Given the listing below, output exactly the line containing "rw f (record" and every line after it through the end.

## Recorded information
□ □ □ □ □ □ □

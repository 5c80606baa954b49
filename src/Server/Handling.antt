-- ===== src/Server/Handling.antt =====
-- The callbacks that `forwardConnection` gives a worker, and a client's move from its bytes in the
-- socket to the game.
use kierki.Prelude.{ℕ, true, false, List, [], ◌∷◌, ◌++◌, some, Bytes, ◌≡◌, arith, lookup, ltb}
use kierki.Types.{Side, Card, IsSeat}
use kierki.Card.Laws.{IsCard}
use kierki.SendJob.{trick, body, gen_msg}
use kierki.MsgParser.Cutting.{IsPackCard}
use kierki.MsgParser.RoundTrip.{IsTrickNo}
use kierki.IoWorkerMgr
use kierki.IoWorkerMgr.{serving_active}
use kierki.IoWorkerHandler.{Callbacks, Handler, RecvEnd, socket_action}
use kierki.IoWorkerHandler.Action.{idle, answered, socket_action-trick}
use kierki.Server.{Server}
use kierki.Server.Round.{player_tricked, tricked_as}
use kierki.Server.Players.{player_intro, grand_exit_callback, handle_wrong_message}
use kierki.Server.NextRound.{IsReady}
use kierki.Server.Play.{play-IsReady}

module _ (order : List Side) (worker_ix : ℕ) where
  -- The callbacks, for the worker with this index.
  abbrev pub server_callbacks : Callbacks Server
  server_callbacks = record {
    intro_cb = λ s st. player_intro order s worker_ix st;
    trick_cb = λ t c st. player_tricked order t c worker_ix st;
    invalid_cb = λ st. handle_wrong_message worker_ix st;
    exit_cb = λ errs has_work st. grand_exit_callback errs worker_ix has_work st;
  }

  -- The worker serves the seat in a game with all its players.
  abbrev pub IsServing : Side → Server → Type 0
  IsServing side st =
      (st.players_connected ≡ 4)
      × (IoWorkerMgr.get_role worker_ix st.worker_mgr ≡ some serving_active)
      × (lookup worker_ix st.worker_to_side ≡ some side)

  player_tricked-IsReady :
      (n : ℕ) (c : Card) (side : Side) (st : Server)
      → IsReady st
      → IsSeat side
      → IsServing side st
      → (st' : Server) × (player_tricked order n c worker_ix st ≡ some (st', true)) × IsReady st'
  unfolding player_tricked tricked_as
  player_tricked-IsReady n c side st ready seat (full, role, seated) =
      let (st', e, r) = play-IsReady order n c side st ready seat in
      let all_there : ltb st.players_connected 4 ≡ false = ground (arith, full) in
      (st', rw (all_there, role, seated, e), r)

  -- In a game that can be played, with all four players there, a move whose bytes lie in the socket
  -- of a seat's idle worker is taken out of the socket as a whole and handled without a failure,
  -- whatever stands behind it; the line is done with, and the game can be played on. The move has a
  -- trick number from 1 to 13 and a card of the pack and of the table of values.
  pub socket_action-IsReady :
      (n : ℕ) (c : Card) (side : Side) (more : Bytes) (stop : RecvEnd) (h : Handler) (st : Server)
      → IsTrickNo n
      → IsPackCard c
      → IsCard c
      → IsReady st
      → IsSeat side
      → IsServing side st
      → (st' : Server) × (socket_action server_callbacks
            (gen_msg (trick (c ∷ []) n) ++ more)
            stop
            (idle h)
            st
          ≡ some (answered (idle h) (body (trick (c ∷ []) n)) true, st', more))
        × IsReady st'
  socket_action-IsReady n c side more stop h st hn pack card ready seat serving =
      let (st', e, r) = player_tricked-IsReady n c side st ready seat serving in
      (st', socket_action-trick server_callbacks n c more stop h st st' true hn pack card e, r)
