-- ===== src/Examples/Handling.antt =====
-- A worker that reads lines, on concrete data.
use kierki.Prelude.{ℕ, ◌≡◌, lookup, inl, inr, refl, [], ◌∷◌, ◌++◌, some, true, false, codes, arith}
use kierki.Types.{side_w}
use kierki.Card.{at}
use kierki.Card.Laws.{IsCard}
use kierki.IoWorkerMgr
use kierki.SendJob.{trick, intro, wrong, body, gen_msg}
use kierki.MsgParser.Cutting.{IsPackCard}
use kierki.IoWorkerHandler.{Callbacks, Handler, would_block, peer_closed, socket_action, read_loop}
use kierki.IoWorkerHandler.Action.{idle, answered, socket_action-trick, socket_action-intro}
use kierki.IoWorkerHandler.Framing.{holding, IsBounded, read_loop_line, read_loop-IsBounded}
use kierki.Server.{Server}
use kierki.Server.NextRound.{IsReady}
use kierki.Server.Handling.{server_callbacks, IsServing, socket_action-IsReady}
use kierki.Examples.Games.{
  first_round, first_round-IsPlayable, first_round-AllServed, order, spade_king,
}

abbrev fresh : Handler
fresh = record {
  next_incoming = [];
  pending_incoming = [];
  pending_outgoing = wrong 2 ∷ [];
  errs = [];
  next_timeout = some 5000;
  response_timeout = some 7;
  want_to_quit = false;
  terminate = false;
  closed_fd = false;
  peer_corrupted = false;
}

-- A game that only counts: a move adds its trick number, and all introductions are refused.
abbrev counting : Callbacks ℕ
counting = record {
  intro_cb = λ s st. some (st, false);
  trick_cb = λ t c st. some (t, true);
  invalid_cb = λ st. some (st, true);
  exit_cb = λ errs has_work st. some (st, true);
}

spade_king-IsPackCard : IsPackCard spade_king
spade_king-IsPackCard = (
  inr (inr (inr (inr (inr (inr (inr (inr (inr (inr (inr (inl refl))))))))))),
  inr (inr (inr (inl refl))),
)

spade_king-IsCard : IsCard spade_king
unfolding at
spade_king-IsCard = refl

read_loop_line_example :
    read_loop (codes "IAMW\r\nIA") fresh ≡ (holding fresh (codes "IAMW"), codes "IA", false)
read_loop_line_example =
    read_loop_line (codes "IAMW") (codes "IA") fresh refl refl (refl, (refl, (refl, (refl, tt))))
      (omega arith)

read_loop-IsBounded_example : IsBounded (read_loop (codes "TRICK1") fresh).0
read_loop-IsBounded_example = read_loop-IsBounded (codes "TRICK1") fresh (inr (omega arith))

socket_action-trick_example :
    socket_action counting
      (gen_msg (trick (spade_king ∷ []) 13) ++ codes "TRI")
      would_block
      (idle fresh)
      4
    ≡ some (answered (idle fresh) (body (trick (spade_king ∷ []) 13)) true, 13, codes "TRI")
socket_action-trick_example =
    socket_action-trick counting 13 spade_king (codes "TRI") would_block fresh 4 13 true
      (omega arith, omega arith) spade_king-IsPackCard spade_king-IsCard refl

socket_action-intro_example :
    socket_action counting (gen_msg (intro side_w) ++ []) peer_closed (idle fresh) 4
    ≡ some (answered (idle fresh) (body (intro side_w)) false, 4, [])
socket_action-intro_example =
    socket_action-intro counting side_w [] peer_closed fresh 4 4 false tt refl

west_serves : IsServing order 4 side_w first_round
unfolding first_round IoWorkerMgr.get_role lookup
west_serves = (refl, refl, refl)

socket_action-IsReady_example :
    (st' : Server) × (socket_action
        (server_callbacks order 4)
        (gen_msg (trick (spade_king ∷ []) 1) ++ [])
        would_block
        (idle fresh)
        first_round
      ≡ some (answered (idle fresh) (body (trick (spade_king ∷ []) 1)) true, st', []))
    × IsReady st'
socket_action-IsReady_example =
    socket_action-IsReady order 4 1 spade_king side_w [] would_block fresh first_round
      (omega arith, omega arith) spade_king-IsPackCard spade_king-IsCard
      (first_round-IsPlayable, first_round-AllServed) tt west_serves
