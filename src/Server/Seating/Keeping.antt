-- ===== src/Server/Seating/Keeping.antt =====
-- Steps that seat nobody and unseat nobody.
use kierki.Prelude.{
  ℕ, false, List, [], ◌∷◌, Option, none, some, ◌≡◌, refl, sym, ap, ◌∙◌, ◌==◌, Bool-cases, ==_self,
  lookup, has, insert, lookup-insert, has-insert_present, inl, inr, ◌>>=◌, Returns, Returns-mono,
  Returns-elim, Returns-if, Returns-bind,
}
use kierki.Types.{Side}
use kierki.SendJob.{SendJob}
use kierki.IoWorkerMgr
use kierki.IoWorkerMgr.{IoWorkerMgr, WorkerStatus, serving_unknown, status_code}
use kierki.IoWorkerMgr.Shape.{SameShape, finish-SameShape, signal_role-SameShape}
use kierki.Server.{Server, with_mgr, send_to_side, send_each, finalize}
use kierki.Server.Seating.{IsKnown, IsSeated}

-- The manager has the same workers with roles, and forgets no introduction.
pub record KeepsRoles (m m' : IoWorkerMgr) : Type 0 where
  pub same_next : m'.next_ix ≡ m.next_ix
  pub same_keys : (ix : ℕ) → has ix m'.roles ≡ has ix m.roles
  pub still_known : (ix : ℕ) → IsKnown ix m → IsKnown ix m'

pub KeepsRoles-same :
    (m m' : IoWorkerMgr) → m'.roles ≡ m.roles → m'.next_ix ≡ m.next_ix → KeepsRoles m m'
KeepsRoles-same m m' e f = record {
  same_next = f;
  same_keys = λ ix. ap (has ix) e;
  still_known = λ ix k. (k.0, ap (lookup ix) e ∙ k.1, k.2);
}

-- The server has the same seats, too.
pub record KeepsSeats (st st' : Server) : Type 0 where
  pub same_active : st'.active_sides ≡ st.active_sides
  pub same_sides : st'.worker_to_side ≡ st.worker_to_side
  pub same_count : st'.players_connected ≡ st.players_connected
  pub roles : KeepsRoles st.worker_mgr st'.worker_mgr

pub KeepsSeats-trans : {s t u : Server} → KeepsSeats s t → KeepsSeats t u → KeepsSeats s u
KeepsSeats-trans p q = record {
  same_active = q.same_active ∙ p.same_active;
  same_sides = q.same_sides ∙ p.same_sides;
  same_count = q.same_count ∙ p.same_count;
  roles = record {
    same_next = q.roles.same_next ∙ p.roles.same_next;
    same_keys = λ ix. q.roles.same_keys ix ∙ p.roles.same_keys ix;
    still_known = λ ix k. q.roles.still_known ix (p.roles.still_known ix k);
  };
}

pub KeepsSeats-IsSeated : {st st' : Server} → KeepsSeats st st' → IsSeated st → IsSeated st'
KeepsSeats-IsSeated {st} {st'} p v = record {
  seat_worker = λ s ix seat e.
      ap (lookup ix) p.same_sides ∙ v.seat_worker s ix seat (sym (ap (λ f. f s) p.same_active) ∙ e);
  worker_seat = λ ix s e.
      let (seat, active, known) = v.worker_seat ix s (sym (ap (lookup ix) p.same_sides) ∙ e) in
      (seat, ap (λ f. f s) p.same_active ∙ active, p.roles.still_known ix known);
  counted = rw (p.same_count, p.same_active) v.counted;
  numbered = λ ix h. rw p.roles.same_next (v.numbered ix (sym (p.roles.same_keys ix) ∙ h));
}

-- A change of the manager and of fields that do not matter here.
pub KeepsSeats-mgr :
    (st : Server) (m : IoWorkerMgr)
    → KeepsRoles st.worker_mgr m
    → KeepsSeats st (record st { worker_mgr = m })
KeepsSeats-mgr st m k = record {
  same_active = refl;
  same_sides = refl;
  same_count = refl;
  roles = k;
}

renamed :
    (ix : ℕ) (role : WorkerStatus) (m : IoWorkerMgr)
    → (status_code role == 0) ≡ false
    → (j : ℕ) → IsKnown j m
    → IsKnown j (record m { roles = insert ix role m.roles })
renamed ix role m known j (r, e, k) = elim (Bool-cases (ix == j)) [
  | inl same ↦ (role, rw (lookup-insert ix j role m.roles, same), known)
  | inr other ↦ (r, rw (lookup-insert ix j role m.roles, other) e, k)
]

pub set_role-KeepsRoles :
    (ix : ℕ) (role : WorkerStatus) (m : IoWorkerMgr)
    → (status_code role == 0) ≡ false
    → Returns (KeepsRoles m) (IoWorkerMgr.set_role ix role m)
unfolding IoWorkerMgr.set_role
set_role-KeepsRoles ix role m known =
    Returns-if (KeepsRoles m) (has ix m.roles) (some (record m { roles = insert ix role m.roles }))
      none
      (λ there. record {
        same_next = refl;
        same_keys = λ j. has-insert_present ix j role m.roles there;
        still_known = λ j k. renamed ix role m known j k;
      })
      (λ gone. tt)

pub set_role-IsKnown :
    (ix : ℕ) (role : WorkerStatus) (m : IoWorkerMgr)
    → (status_code role == 0) ≡ false
    → Returns (IsKnown ix) (IoWorkerMgr.set_role ix role m)
unfolding IoWorkerMgr.set_role
set_role-IsKnown ix role m known =
    Returns-if (IsKnown ix) (has ix m.roles) (some (record m { roles = insert ix role m.roles }))
      none (λ there. (role, rw (lookup-insert ix ix role m.roles, ==_self ix), known)) (λ gone. tt)

send_job-KeepsRoles :
    (job : SendJob) (ix : ℕ) (m : IoWorkerMgr)
    → Returns (KeepsRoles m) (IoWorkerMgr.send_job job ix m)
unfolding IoWorkerMgr.send_job IoWorkerMgr.signal
send_job-KeepsRoles job ix m =
    Returns-bind (KeepsRoles m) (lookup ix m.workers) _ (λ q e. KeepsRoles-same m _ refl refl)

pub send_kill-KeepsRoles :
    (ix : ℕ) (m : IoWorkerMgr) → Returns (KeepsRoles m) (IoWorkerMgr.send_kill ix m)
unfolding IoWorkerMgr.send_kill IoWorkerMgr.signal
send_kill-KeepsRoles ix m =
    Returns-bind (KeepsRoles m) (lookup ix m.workers) _ (λ q e. KeepsRoles-same m _ refl refl)

SameShape-KeepsRoles : {m m' : IoWorkerMgr} → SameShape m m' → KeepsRoles m m'
SameShape-KeepsRoles {m} {m'} p = KeepsRoles-same m m' p.same_roles p.same_next

pub signal_role-KeepsRoles :
    (role : WorkerStatus) (m : IoWorkerMgr) → KeepsRoles m (IoWorkerMgr.signal_role role m)
signal_role-KeepsRoles role m = SameShape-KeepsRoles (signal_role-SameShape role m)

pub erase_worker-KeepsRoles :
    (ix : ℕ) (m : IoWorkerMgr) → KeepsRoles m (IoWorkerMgr.erase_worker ix m)
unfolding IoWorkerMgr.erase_worker
erase_worker-KeepsRoles ix m = elim (Bool-cases (IoWorkerMgr.to_be_erased ix m)) [
  | inl e ↦ rw e (KeepsRoles-same m m refl refl)
  | inr e ↦ rw e (KeepsRoles-same m _ refl refl)
]

pub KeepsRoles-trans : {m n o : IoWorkerMgr} → KeepsRoles m n → KeepsRoles n o → KeepsRoles m o
KeepsRoles-trans p q = record {
  same_next = q.same_next ∙ p.same_next;
  same_keys = λ ix. q.same_keys ix ∙ p.same_keys ix;
  still_known = λ ix k. q.still_known ix (p.still_known ix k);
}

-- A change of the manager alone.
pub with_mgr-KeepsSeats :
    (f : IoWorkerMgr → Option IoWorkerMgr) (st : Server)
    → Returns (KeepsRoles st.worker_mgr) (f st.worker_mgr)
    → Returns (KeepsSeats st) (with_mgr f st)
with_mgr-KeepsSeats f st h =
    Returns-bind (KeepsSeats st) (f st.worker_mgr) _
      (λ m e. KeepsSeats-mgr st m (Returns-elim (KeepsRoles st.worker_mgr) (f st.worker_mgr) e h))

-- One step behind another.
pub KeepsSeats-then :
    (st : Server) (x : Option Server) (f : Server → Option Server)
    → Returns (KeepsSeats st) x
    → ((t : Server) → Returns (KeepsSeats t) (f t))
    → Returns (KeepsSeats st) (x >>= f)
KeepsSeats-then st x f h k = Returns-bind (KeepsSeats st) x f (λ t e.
    Returns-mono (KeepsSeats t) (KeepsSeats st) (f t)
      (λ u q. KeepsSeats-trans (Returns-elim (KeepsSeats st) x e h) q) (k t))

pub send_to_worker-KeepsSeats :
    (job : SendJob) (ix : ℕ) (st : Server)
    → Returns (KeepsSeats st) (with_mgr (IoWorkerMgr.send_job job ix) st)
send_to_worker-KeepsSeats job ix st =
    with_mgr-KeepsSeats (IoWorkerMgr.send_job job ix) st (send_job-KeepsRoles job ix st.worker_mgr)

pub send_to_side-KeepsSeats :
    (job : SendJob) (s : Side) (st : Server) → Returns (KeepsSeats st) (send_to_side job s st)
unfolding send_to_side
send_to_side-KeepsSeats job s st =
    Returns-bind (KeepsSeats st) (st.active_sides s) _ (λ ix e. send_to_worker-KeepsSeats job ix st)

pub KeepsSeats-refl : (st : Server) → KeepsSeats st st
KeepsSeats-refl st = KeepsSeats-mgr st st.worker_mgr (KeepsRoles-same _ _ refl refl)

pub send_each-KeepsSeats :
    (job_for : Side → SendJob) (ss : List Side) (st : Server)
    → Returns (KeepsSeats st) (send_each job_for ss st)
unfolding send_each
send_each-KeepsSeats job_for [] st = KeepsSeats-refl st
send_each-KeepsSeats job_for (s ∷ ss) st =
    KeepsSeats-then st (send_to_side (job_for s) s st) (send_each job_for ss)
      (send_to_side-KeepsSeats (job_for s) s st) (send_each-KeepsSeats job_for ss)

pub finalize-KeepsSeats : (st : Server) → Returns (KeepsSeats st) (finalize st)
unfolding finalize IoWorkerMgr.release_cleaner
finalize-KeepsSeats st =
    Returns-if (KeepsSeats st) st.exiting (some st) _ (λ e. KeepsSeats-refl st)
      (λ e.
        let m = IoWorkerMgr.release_cleaner st.worker_mgr in
        let (m', f, p) = finish-SameShape m in
        rw f (record {
          same_active = refl;
          same_sides = refl;
          same_count = refl;
          roles = KeepsRoles-same st.worker_mgr m' p.same_roles p.same_next;
        }))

□ □ □ □ □ □ □

## Solved problem
        rw f (record {
          same_active = refl;
          same_sides = refl;
          same_count = refl;
          roles = KeepsRoles-same st.worker_mgr m' p.same_roles p.same_next;
        }))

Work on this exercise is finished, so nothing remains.